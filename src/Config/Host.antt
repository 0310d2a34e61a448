-- ===== src/Config/Host.antt =====
-- crates/avash/src/lib.rs: `SshHost`, and the messages of the errors that its functions return.
use avash.Base.{ℕ, ◌≡◌, refl, ◌⊎◌, inl, inr, Option, none, List, []}
use avash.Base.Text.{Text}

pub record SshHost : Type 0 where
  pub alias : Text
  pub hostname : Option Text
  pub user : Option Text
  pub port : Option ℕ
  pub identity_file : Option Text
  pub proxy_jump : Option Text
  pub tags : List Text
  pub folder : Text

-- `SshHost { alias, ..Default::default() }`
abbrev pub new_host : Text → SshHost
new_host a = record {
  alias = a;
  hostname = none;
  user = none;
  port = none;
  identity_file = none;
  proxy_jump = none;
  tags = [];
  folder = [];
}

-- One constructor for each message; its arguments are what the message quotes.
pub data Error : Type 0 where
  control_char : Text → ℕ → Error
  double_quote : Text → Error
  inner_space : Text → Text → Error
  empty_alias empty_name wildcard unreadable : Error
  already_declared : Text → Error
  several_aliases : Text → Error
  not_found : Text → Error

pub data Result {ℓ} (A : Type ℓ) : Type ℓ where
  ok : A → Result A
  err : Error → Result A

pub Result-cases {ℓ} :
    {A : Type ℓ} (m : Result A) → ((a : A) × (m ≡ ok a)) ⊎ ((e : Error) × (m ≡ err e))
Result-cases (ok a) = inl (a, refl)
Result-cases (err e) = inr (e, refl)

infixl 5 ◌>>=◌ ◌>>◌
-- The operator `?` on an `anyhow::Result`: an error ends the function, a value goes on.
abbrev pub ◌>>=◌ {ℓ κ} : {T : Type ℓ} {U : Type κ} → Result T → (T → Result U) → Result U
err e >>= next = err e
ok x >>= next = next x

abbrev pub ◌>>◌ {κ} : {U : Type κ} → Result (Unit {0}) → Result U → Result U
check >> next = check >>= λ _. next

-- What `read_to_string` gives: no file (`NotFound`), any other error, or the text.
pub data FileRead : Type 0 where
  absent unreadable_file : FileRead
  content : Text → FileRead

-- `anyhow::Result<()>`
abbrev pub Checked : Type 0
Checked = Result (Unit {0})
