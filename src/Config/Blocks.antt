-- ===== src/Config/Blocks.antt =====
-- crates/avash/src/lib.rs: `dequote`, `blocs_bruts` and `parse_config_str`. One `step` is the body
-- of the loop over the lines.
use avash.Base.{
  ℕ, Bool, not, ◌&&◌, Option, none, some, List, [], ◌∷◌, ◌++◌, map, ◌==◌, if◌then◌else◌, is_nil,
}
use avash.Base.Text.{
  Text, codes, is_whitespace, trim, trim_start, trim_matches, text_eq, to_lowercase, strip_prefix,
  strip_last, split_once, split_if, split_whitespace, keep_if, contains_char, starts_with,
  parse_u16, lines,
}
use avash.Config.Host.{SshHost, new_host}

abbrev pub or_else : Option Text → Option Text → Option Text
or_else (some a) b = some a
or_else none b = b

abbrev pub unquoted : Text → Text
unquoted v = elim (strip_prefix (codes "\"") v) [
  | none ↦ v
  | some s ↦ elim (strip_last b'"' s) [ none ↦ v | some r ↦ r ]
]

unfoldable pub dequote : Text → Text
dequote value = unquoted (trim value)

pub record Reader : Type 0 where
  pub hosts : List SshHost
  pub current : Option SshHost

abbrev pub start : Reader
start = record { hosts = []; current = none }

-- `if let Some(h) = current.take() { hosts.push(h) }`
unfoldable pub close : Reader → List SshHost
close r = elim r.current [ none ↦ r.hosts | some h ↦ r.hosts ++ h ∷ [] ]

abbrev pub update_current : (SshHost → SshHost) → Reader → Reader
update_current f r = record r { current = elim r.current [ none ↦ none | some h ↦ some (f h) ] }

-- The list behind `#Tags:`.
unfoldable pub tag_list : Text → List Text
tag_list text = keep_if (λ t. not (is_nil t)) (map trim (split_if (λ c. c == b',') text))

abbrev pub either_prefix : Text → Text → Text → Option Text
either_prefix a b s = or_else (strip_prefix a s) (strip_prefix b s)

abbrev pub tags_after : Text → Option Text
tags_after rest = either_prefix (codes "Tags:") (codes "tags:") (trim_start rest)

abbrev pub folder_after : Text → Option Text
folder_after rest = either_prefix (codes "Folder:") (codes "folder:") (trim_start rest)

abbrev pub set_tags : Text → SshHost → SshHost
set_tags text h = if is_nil h.tags then record h { tags = tag_list text } else h

abbrev pub set_folder : Text → SshHost → SshHost
set_folder path h =
    if is_nil h.folder then record h { folder = trim_matches b'/' (trim path) } else h

unfoldable pub comment : Text → Reader → Reader
comment rest r = elim (tags_after rest) [
  | some text ↦ update_current (set_tags text) r
  | none ↦ elim (folder_after rest) [ some path ↦ update_current (set_folder path) r | none ↦ r ]
]

-- A field takes the first value that is not empty.
abbrev pub first_value : Option Text → Text → Option Text
first_value (some v) new = some v
first_value none new = if is_nil new then none else some new

abbrev pub nonzero : Option ℕ → Option ℕ
nonzero none = none
nonzero (some p) = if p == 0 then none else some p

abbrev pub first_port : Option ℕ → Text → Option ℕ
first_port (some p) value = some p
first_port none value = nonzero (parse_u16 value)

unfoldable pub set_field : Text → Text → SshHost → SshHost
set_field key value h =
    let v = dequote value in
    if text_eq key (codes "hostname")
    then record h { hostname = first_value h.hostname v }
    else if text_eq key (codes "user")
    then record h { user = first_value h.user v }
    else if text_eq key (codes "port")
    then record h { port = first_port h.port value }
    else if text_eq key (codes "identityfile")
    then record h { identity_file = first_value h.identity_file v }
    else if text_eq key (codes "proxyjump")
    then record h { proxy_jump = first_value h.proxy_jump v }
    else h

-- The keyword of a line, in lower case, and its trimmed value.
unfoldable pub key_value : Text → Text × Text
key_value line = elim (split_once is_whitespace line) [
  | none ↦ (to_lowercase line, [])
  | some (k, v) ↦ (to_lowercase k, trim v)
]

unfoldable pub directive : Text → Text → Reader → Reader
directive key value r =
    if text_eq key (codes "host")
    then record { hosts = close r; current = some (new_host value) }
    else if text_eq key (codes "match")
    then record { hosts = close r; current = none }
    else update_current (set_field key value) r

-- A trimmed line.
unfoldable pub on_line : Reader → Text → Reader
on_line r line = if is_nil line then r else elim (strip_prefix (codes "#") line) [
  | some rest ↦ comment rest r
  | none ↦ let (key, value) = key_value line in directive key value r
]

abbrev pub step : Reader → Text → Reader
step r raw = on_line r (trim raw)

unfoldable pub read_lines : Reader → List Text → Reader
read_lines r [] = r
read_lines r (l ∷ ls) = read_lines (step r l) ls

unfoldable pub raw_blocks : Text → List SshHost
raw_blocks text = close (read_lines start (lines text))

-- `Host a b` is two hosts.
unfoldable pub per_alias : SshHost → List Text → List SshHost
per_alias h [] = []
per_alias h (a ∷ r) = record h { alias = a } ∷ per_alias h r

unfoldable pub expand : List SshHost → List SshHost
expand [] = []
expand (h ∷ r) = per_alias h (split_whitespace h.alias) ++ expand r

unfoldable pub is_listed : SshHost → Bool
is_listed h = not (contains_char b'*' h.alias) && not (starts_with (codes "!") h.alias)

unfoldable pub retain_listed : List SshHost → List SshHost
retain_listed [] = []
retain_listed (h ∷ r) = let rest = retain_listed r in if is_listed h then h ∷ rest else rest

unfoldable pub parse_config_str : Text → List SshHost
unfolding raw_blocks expand retain_listed
parse_config_str text = retain_listed (expand (raw_blocks text))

***

* **Your assignment**
Look over the records. Copy the lines that include the word "anyhow".

* **Worked solution**
-- The operator `?` on an `anyhow::Result`: an error ends the function, a value goes on.
-- `anyhow::Result<()>`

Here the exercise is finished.